What is expected — From the material that follows, count the lines with the word "mems" in them. Reply with the number only.

*** Opening of Material for the task ***

-- ===== src/Frames/Valid/Take.antt =====
-- `invtakeframe` on a well-formed state.
use virtual_memory_xinu_f.Base.{
  leb, ◌^◌, ℕ, ◌<◌, ◌≡◌, ◌≢◌, refl, sym, ap, ◌∙◌, true, false, Option, none, some, arith, ◌==◌,
  ◌||◌, ◌&&◌, ◌++◌, if◌then◌else◌, update, update-ne, update_self, List, [], ◌∷◌, Bool-cases, inl,
  inr, ok,
}
use virtual_memory_xinu_f.Base.Distinct.{mem, mem-append, ne_of_mem}
use virtual_memory_xinu_f.Frames.{
  Region, e1, same_region, fr_free, fr_used, Frame, FrameTable, PteAddr, fidxtoregion, invtakeframe,
  insert_to_used_ll,
}
use virtual_memory_xinu_f.Frames.Seg.{Seg-frame, same_of_eq}
use virtual_memory_xinu_f.Frames.Stacks.{free_list}
use virtual_memory_xinu_f.Frames.UsedList.{
  IsUsedList, LinksOnly, insert-IsUsedList, insert-LinksOnly, stack-insert, unlisted,
}
use virtual_memory_xinu_f.Frames.Valid.{IsValid, Held}

-- The entry of a frame that is taken.
abbrev pub taken_entry : ℕ → Option PteAddr → Frame → Frame
taken_entry pid pte fr = record fr { fr_state = fr_used; fr_pid = pid; fr_pte = pte }

state-unlisted : (a b : Frame) → unlisted a ≡ unlisted b → a.fr_state ≡ b.fr_state
state-unlisted a b e = ap (λ (fr : Frame). fr.fr_state) e

idx-unlisted : (a b : Frame) → unlisted a ≡ unlisted b → a.fr_idx ≡ b.fr_idx
idx-unlisted a b e = ap (λ (fr : Frame). fr.fr_idx) e

abbrev marked_taken : FrameTable → ℕ → ℕ → Option PteAddr → FrameTable
marked_taken s f pid pte = record s { invpt = update s.invpt f (taken_entry pid pte (s.invpt f)) }

-- What a caller may rely on when the frame `f` has been taken.
pub record Took (s : FrameTable) (xs : List ℕ) (f pid : ℕ) (pte : Option PteAddr) (r : Region)
    (s' : FrameTable) : Type 0 where
  pub valid : IsValid s' (if same_region r e1 then xs ++ f ∷ [] else xs)
  pub entry : unlisted (s'.invpt f) ≡ unlisted (taken_entry pid pte (s.invpt f))
  pub others : (a : ℕ) → f ≢ a → unlisted (s'.invpt a) ≡ unlisted (s.invpt a)
  pub stacks : s'.stack ≡ s.stack

module _ (s : FrameTable) (xs : List ℕ) (v : IsValid s xs) (f pid : ℕ) (pte : Option PteAddr)
    (r : Region) (at_r : fidxtoregion f ≡ some r) (was_free : (s.invpt f).fr_state ≡ fr_free)
    (held : Held s f) where
  not_listed : mem f xs ≡ false
  not_listed = elim (Bool-cases (mem f xs)) [
    | inl m ↦ absurd (cc ((v.used_frames f m).1))
    | inr out ↦ out
  ]

  marked-IsUsedList : IsUsedList (marked_taken s f pid pte) xs
  marked-IsUsedList = record {
    head_is = v.used.head_is;
    tail_is = v.used.tail_is;
    linked =
        Seg-frame s.invpt (marked_taken s f pid pte).invpt none xs none
          (same_of_eq s.invpt (marked_taken s f pid pte).invpt xs λ a m.
            update-ne s.invpt f a (taken_entry pid pte (s.invpt f))
              λ e. ne_of_mem a f xs m not_listed (sym e))
          v.used.linked;
    distinct = v.used.distinct;
  }

  module _ (t : ℕ → Frame) (links : LinksOnly (marked_taken s f pid pte).invpt t) where
    state_after : (a : ℕ) → (t a).fr_state ≡ (if f == a then fr_used else (s.invpt a).fr_state)
    state_after a =
        state-unlisted (t a) ((marked_taken s f pid pte).invpt a) (links a) ∙ ground arith

    idx_after : (a : ℕ) → (t a).fr_idx ≡ (s.invpt a).fr_idx
    idx_after a = idx-unlisted (t a) ((marked_taken s f pid pte).invpt a) (links a) ∙ ground arith

  -- Any state whose entries are those of `marked_taken` but for the links of its list.
  taken-IsValid :
      (s' : FrameTable) (xs' : List ℕ)
      → s'.stack ≡ s.stack
      → LinksOnly (marked_taken s f pid pte).invpt s'.invpt
      → IsUsedList s' xs'
      → ((a : ℕ) → mem a xs' ≡ (mem a xs || (same_region r e1 && (f == a))))
      → IsValid s' xs'
  taken-IsValid s' xs' same links listed mems = record {
    bounded = λ q. rw same (v.bounded q);
    free_distinct = λ q. rw same (v.free_distinct q);
    free_frames = λ q a m.
        let m' : mem a (free_list s q) ≡ true = rw same at m in
        ground (arith, v.free_frames q a m', state_after s'.invpt links a, held q);
    used = listed;
    used_frames =
        λ a m. ground (arith, mems a, v.used_frames a, state_after s'.invpt links a, at_r);
    used_listed = λ a at_e1 u.
        ground (arith, mems a, v.used_listed a at_e1, state_after s'.invpt links a, at_r);
    indexed = λ q a at_q. idx_after s'.invpt links a ∙ v.indexed q a at_q;
  }

  -- The frames of D, of E1 and the first 24 of E2 pass the bound that `invtakeframe` checks.
  took :
      f < 3072
      → invtakeframe f pid pte s ≡ (
        ok,
        (if same_region r e1
            then insert_to_used_ll f (marked_taken s f pid pte)
            else (marked_taken s f pid pte)),
      )
  unfolding invtakeframe
  took small =
      let inside : (leb (2 ^ 15) f || leb 3072 f) ≡ false = ground arith in
      rw (inside, was_free, at_r)

  module _ (s' : FrameTable) (same : s'.stack ≡ s.stack)
      (links : LinksOnly (marked_taken s f pid pte).invpt s'.invpt) where
    Took-of_valid :
        IsValid s' (if same_region r e1 then xs ++ f ∷ [] else xs) → Took s xs f pid pte r s'
    Took-of_valid ok_after = record {
      valid = ok_after;
      entry = links f ∙ ap unlisted (update_self s.invpt f (taken_entry pid pte (s.invpt f)));
      others = λ a ne.
          links a ∙ ap unlisted (update-ne s.invpt f a (taken_entry pid pte (s.invpt f)) ne);
      stacks = same;
    }

  taken-Took : Took s xs f pid pte r (
      if same_region r e1
      then insert_to_used_ll f (marked_taken s f pid pte)
      else (marked_taken s f pid pte))
  taken-Took = elim (Bool-cases (same_region r e1)) [
    | inl at_e1 ↦
        let u : FrameTable = insert_to_used_ll f (marked_taken s f pid pte) in
        rw at_e1 (
          Took-of_valid u (stack-insert f (marked_taken s f pid pte))
            (insert-LinksOnly f (marked_taken s f pid pte))
            (rw at_e1 (
              taken-IsValid u (xs ++ f ∷ []) (stack-insert f (marked_taken s f pid pte))
                (insert-LinksOnly f (marked_taken s f pid pte))
                (insert-IsUsedList f xs (marked_taken s f pid pte) marked-IsUsedList not_listed)
                λ a. ground (arith, mem-append a xs (f ∷ [])))))
    | inr other ↦ rw other (
        Took-of_valid (marked_taken s f pid pte) refl (λ a. refl)
          (rw other (
            taken-IsValid (marked_taken s f pid pte) xs refl (λ a. refl) marked-IsUsedList
              λ a. ground arith)))
  ]

-- On a well-formed state `invtakeframe`, for a free frame of a region that stands on no free list
-- and has a number below 3072, returns OK; the entry of the frame then has the new owner and page
-- table entry, no other entry changes but in its links, a frame of E1 becomes the last one of the
-- eviction list, and the state stays well-formed.
pub invtakeframe-IsValid :
    (s : FrameTable) (xs : List ℕ) (f pid : ℕ) (pte : Option PteAddr) (r : Region)
    → IsValid s xs
    → fidxtoregion f ≡ some r
    → (s.invpt f).fr_state ≡ fr_free
    → Held s f
    → f < 3072
    → ((invtakeframe f pid pte s).0 ≡ ok) × Took s xs f pid pte r (invtakeframe f pid pte s).1
invtakeframe-IsValid s xs f pid pte r v at_r was_free held small =
    rw (took s xs v f pid pte r at_r was_free held small)
      (refl, taken-Took s xs v f pid pte r at_r was_free held)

*** Close of Material for the task ***

Answer to this task — 3